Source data
%%
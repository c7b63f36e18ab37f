-- ===== src/Template/Names.antt =====
-- src/container-template.ts: the patterns of package, secret and image names.
use dsh_podman.Prelude.{ℕ, Bool, false, [], ◌∷◌, ◌&&◌, ◌||◌, not, all, leb, ◌==◌, length}
use dsh_podman.Text.{Text, ◌===◌}
use dsh_podman.Segments.{dot, dot_dot}

-- [A-Za-z0-9]
abbrev pub is_alphanumeric : ℕ → Bool
is_alphanumeric c =
    (leb b'A' c && leb c b'Z') || (leb b'a' c && leb c b'z') || (leb b'0' c && leb c b'9')

-- [A-Za-z0-9@+._:]
abbrev pub is_package_head : ℕ → Bool
is_package_head c =
    is_alphanumeric c || c == b'@' || c == b'+' || c == b'.' || c == b'_' || c == b':'

abbrev pub is_package_unit : ℕ → Bool
is_package_unit c = is_package_head c || c == b'-'

-- [A-Za-z0-9_.-]
abbrev pub is_name_unit : ℕ → Bool
is_name_unit c = is_alphanumeric c || c == b'_' || c == b'.' || c == b'-'

-- `PACKAGE_PATTERN.test(value)`
unfoldable pub matches_package : Text → Bool
matches_package [] = false
matches_package (c ∷ s) = is_package_head c && all is_package_unit s

-- `SECRET_PATTERN.test(value)`
unfoldable pub matches_secret : Text → Bool
matches_secret [] = false
matches_secret (c ∷ s) = is_alphanumeric c && all is_name_unit s && leb (length s) 63

-- `IMAGE_ID_PATTERN.test(value)`
unfoldable pub matches_image_id : Text → Bool
matches_image_id [] = false
matches_image_id (c ∷ s) =
    (is_alphanumeric c || c == b'_') && all is_name_unit s && leb (length s) 63

unfoldable pub valid_package_name : Text → Bool
valid_package_name value = not (value === dot) && not (value === dot_dot) && matches_package value
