-- ===== src/Template/Fields.antt =====
-- src/container-template.ts: reading the fields of a parsed document.
pub mod Laws
use dsh_podman.Prelude.{
  ℕ, zero, suc, ◌+◌, Bool, true, false, List, [], ◌∷◌, ◌++◌, ok, throw, if◌then◌else◌, not, ◌>>=◌,
  ◌>>◌, throw_if,
}
use dsh_podman.Text.{Text, text, ◌===◌, is_empty, includes, has_unit, starts_with, decimal}
use dsh_podman.Value.{Value, undef, str, arr, obj, Fields, items, own_entries}
use dsh_podman.Dict.{Dict, empty, bare, assign}
use dsh_podman.Template.{
  Checked, fail, template_error, unknown_key, expected_string, expected_non_empty_string,
  expected_mapping, expected_list, env_key_empty, env_key_equals, env_key_nul, env_key_reserved,
  env_value_nul, invalid_secret_name,
}
use dsh_podman.Template.Names.{matches_secret}

-- `${path}.${key}`
abbrev pub dotted : Text → Text → Text
dotted path key = path ++ b'.' ∷ key

-- `${path}[${index}]`
abbrev pub indexed : Text → ℕ → Text
indexed path index = path ++ b'[' ∷ (decimal index ++ b']' ∷ [])

pub reject_entries : List (Text × Value) → List Text → Text → Checked (Unit {0})
reject_entries [] allowed path = ok tt
reject_entries ((key, v) ∷ rest) allowed path =
    let others = reject_entries rest allowed path in
    if includes key allowed
    then others
    else fail (unknown_key key) (if is_empty path then key else dotted path key)

unfoldable pub reject_unknown : Fields → List Text → Text → Checked (Unit {0})
unfolding reject_entries
reject_unknown value allowed path = reject_entries (own_entries value) allowed path

unfoldable pub string_value : Value → Text → Checked Text
string_value (str s) path = ok s
string_value _ path = fail expected_string path

unfoldable pub non_empty_string : Value → Text → Checked Text
unfolding string_value
non_empty_string value path = do
  s ← string_value value path
  throw_if (is_empty s) (template_error expected_non_empty_string path)
  ok s

-- The message about "=" names no path.
unfoldable pub env_key : Text → Text → Checked Text
env_key value path = do
  throw_if (is_empty value) (template_error env_key_empty path)
  throw_if (has_unit b'=' value) (template_error (env_key_equals value) [])
  throw_if (has_unit 0 value) (template_error (env_key_nul value) path)
  throw_if (starts_with value (text "DSH_PODMAN")) (template_error (env_key_reserved value) path)
  ok value

-- The check on the value of an environment variable.
unfoldable pub env_value : Value → Text → Checked Text
unfolding string_value
env_value value path = do
  s ← string_value value path
  throw_if (has_unit 0 s) (template_error env_value_nul path)
  ok s

unfoldable pub secret_name : Value → Text → Checked Text
unfolding non_empty_string
secret_name value path = do
  name ← non_empty_string value path
  throw_if (not (matches_secret name)) (template_error (invalid_secret_name name) path)
  ok name

module _ (key_check : Text → Text → Checked Text) (value_check : Value → Text → Checked Text) where
  pub string_map_from : Dict → List (Text × Value) → Text → Checked Dict
  string_map_from result [] path = ok result
  string_map_from result ((key, item) ∷ rest) path = do
    checked_key ← key_check key (dotted path key)
    checked_item ← value_check item (dotted path key)
    string_map_from (assign checked_key checked_item result) rest path

  unfoldable pub string_map : Value → Text → Checked Dict
  unfolding string_map_from
  string_map undef path = ok empty
  string_map (obj value) path = string_map_from bare (own_entries value) path
  string_map _ path = fail expected_mapping path

module _ {T : Type 0} (parse_item : Value → Text → Checked T) where
  pub parse_from : ℕ → List Value → Text → Checked (List T)
  parse_from index [] path = ok []
  parse_from index (v ∷ vs) path = do
    item ← parse_item v (indexed path index)
    others ← parse_from (index + 1) vs path
    ok (item ∷ others)

  unfoldable pub parse_list : Value → Text → Checked (List T)
  unfolding parse_from
  parse_list undef path = ok []
  parse_list (arr vs) path = parse_from 0 (items vs) path
  parse_list _ path = fail expected_list path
%%
#### Work task:
Transcribe the entries above exactly.

#### Exercise result:
repository c7b63f36e18ab37f
-- ===== src/Template/Names.antt =====
-- src/container-template.ts: the patterns of package, secret and image names.
use dsh_podman.Prelude.{ℕ, Bool, false, [], ◌∷◌, ◌&&◌, ◌||◌, not, all, leb, ◌==◌, length}
use dsh_podman.Text.{Text, ◌===◌}
use dsh_podman.Segments.{dot, dot_dot}

-- [A-Za-z0-9]
abbrev pub is_alphanumeric : ℕ → Bool
is_alphanumeric c =
    (leb b'A' c && leb c b'Z') || (leb b'a' c && leb c b'z') || (leb b'0' c && leb c b'9')

-- [A-Za-z0-9@+._:]
abbrev pub is_package_head : ℕ → Bool
is_package_head c =
    is_alphanumeric c || c == b'@' || c == b'+' || c == b'.' || c == b'_' || c == b':'

abbrev pub is_package_unit : ℕ → Bool
is_package_unit c = is_package_head c || c == b'-'

-- [A-Za-z0-9_.-]
abbrev pub is_name_unit : ℕ → Bool
is_name_unit c = is_alphanumeric c || c == b'_' || c == b'.' || c == b'-'

-- `PACKAGE_PATTERN.test(value)`
unfoldable pub matches_package : Text → Bool
matches_package [] = false
matches_package (c ∷ s) = is_package_head c && all is_package_unit s

-- `SECRET_PATTERN.test(value)`
unfoldable pub matches_secret : Text → Bool
matches_secret [] = false
matches_secret (c ∷ s) = is_alphanumeric c && all is_name_unit s && leb (length s) 63

-- `IMAGE_ID_PATTERN.test(value)`
unfoldable pub matches_image_id : Text → Bool
matches_image_id [] = false
matches_image_id (c ∷ s) =
    (is_alphanumeric c || c == b'_') && all is_name_unit s && leb (length s) 63

unfoldable pub valid_package_name : Text → Bool
valid_package_name value = not (value === dot) && not (value === dot_dot) && matches_package value
-- ===== src/Template/Fields.antt =====
-- src/container-template.ts: reading the fields of a parsed document.
pub mod Laws
use dsh_podman.Prelude.{
  ℕ, zero, suc, ◌+◌, Bool, true, false, List, [], ◌∷◌, ◌++◌, ok, throw, if◌then◌else◌, not, ◌>>=◌,
  ◌>>◌, throw_if,
}
use dsh_podman.Text.{Text, text, ◌===◌, is_empty, includes, has_unit, starts_with, decimal}
use dsh_podman.Value.{Value, undef, str, arr, obj, Fields, items, own_entries}
use dsh_podman.Dict.{Dict, empty, bare, assign}
use dsh_podman.Template.{
  Checked, fail, template_error, unknown_key, expected_string, expected_non_empty_string,
  expected_mapping, expected_list, env_key_empty, env_key_equals, env_key_nul, env_key_reserved,
  env_value_nul, invalid_secret_name,
}
use dsh_podman.Template.Names.{matches_secret}

-- `${path}.${key}`
abbrev pub dotted : Text → Text → Text
dotted path key = path ++ b'.' ∷ key

-- `${path}[${index}]`
abbrev pub indexed : Text → ℕ → Text
indexed path index = path ++ b'[' ∷ (decimal index ++ b']' ∷ [])

pub reject_entries : List (Text × Value) → List Text → Text → Checked (Unit {0})
reject_entries [] allowed path = ok tt
reject_entries ((key, v) ∷ rest) allowed path =
    let others = reject_entries rest allowed path in
    if includes key allowed
    then others
    else fail (unknown_key key) (if is_empty path then key else dotted path key)

unfoldable pub reject_unknown : Fields → List Text → Text → Checked (Unit {0})
unfolding reject_entries
reject_unknown value allowed path = reject_entries (own_entries value) allowed path

unfoldable pub string_value : Value → Text → Checked Text
string_value (str s) path = ok s
string_value _ path = fail expected_string path

unfoldable pub non_empty_string : Value → Text → Checked Text
unfolding string_value
non_empty_string value path = do
  s ← string_value value path
  throw_if (is_empty s) (template_error expected_non_empty_string path)
  ok s

-- The message about "=" names no path.
unfoldable pub env_key : Text → Text → Checked Text
env_key value path = do
  throw_if (is_empty value) (template_error env_key_empty path)
  throw_if (has_unit b'=' value) (template_error (env_key_equals value) [])
  throw_if (has_unit 0 value) (template_error (env_key_nul value) path)
  throw_if (starts_with value (text "DSH_PODMAN")) (template_error (env_key_reserved value) path)
  ok value

-- The check on the value of an environment variable.
unfoldable pub env_value : Value → Text → Checked Text
unfolding string_value
env_value value path = do
  s ← string_value value path
  throw_if (has_unit 0 s) (template_error env_value_nul path)
  ok s

unfoldable pub secret_name : Value → Text → Checked Text
unfolding non_empty_string
secret_name value path = do
  name ← non_empty_string value path
  throw_if (not (matches_secret name)) (template_error (invalid_secret_name name) path)
  ok name

module _ (key_check : Text → Text → Checked Text) (value_check : Value → Text → Checked Text) where
  pub string_map_from : Dict → List (Text × Value) → Text → Checked Dict
  string_map_from result [] path = ok result
  string_map_from result ((key, item) ∷ rest) path = do
    checked_key ← key_check key (dotted path key)
    checked_item ← value_check item (dotted path key)
    string_map_from (assign checked_key checked_item result) rest path

  unfoldable pub string_map : Value → Text → Checked Dict
  unfolding string_map_from
  string_map undef path = ok empty
  string_map (obj value) path = string_map_from bare (own_entries value) path
  string_map _ path = fail expected_mapping path

module _ {T : Type 0} (parse_item : Value → Text → Checked T) where
  pub parse_from : ℕ → List Value → Text → Checked (List T)
  parse_from index [] path = ok []
  parse_from index (v ∷ vs) path = do
    item ← parse_item v (indexed path index)
    others ← parse_from (index + 1) vs path
    ok (item ∷ others)

  unfoldable pub parse_list : Value → Text → Checked (List T)
  unfolding parse_from
  parse_list undef path = ok []
  parse_list (arr vs) path = parse_from 0 (items vs) path
  parse_list _ path = fail expected_list path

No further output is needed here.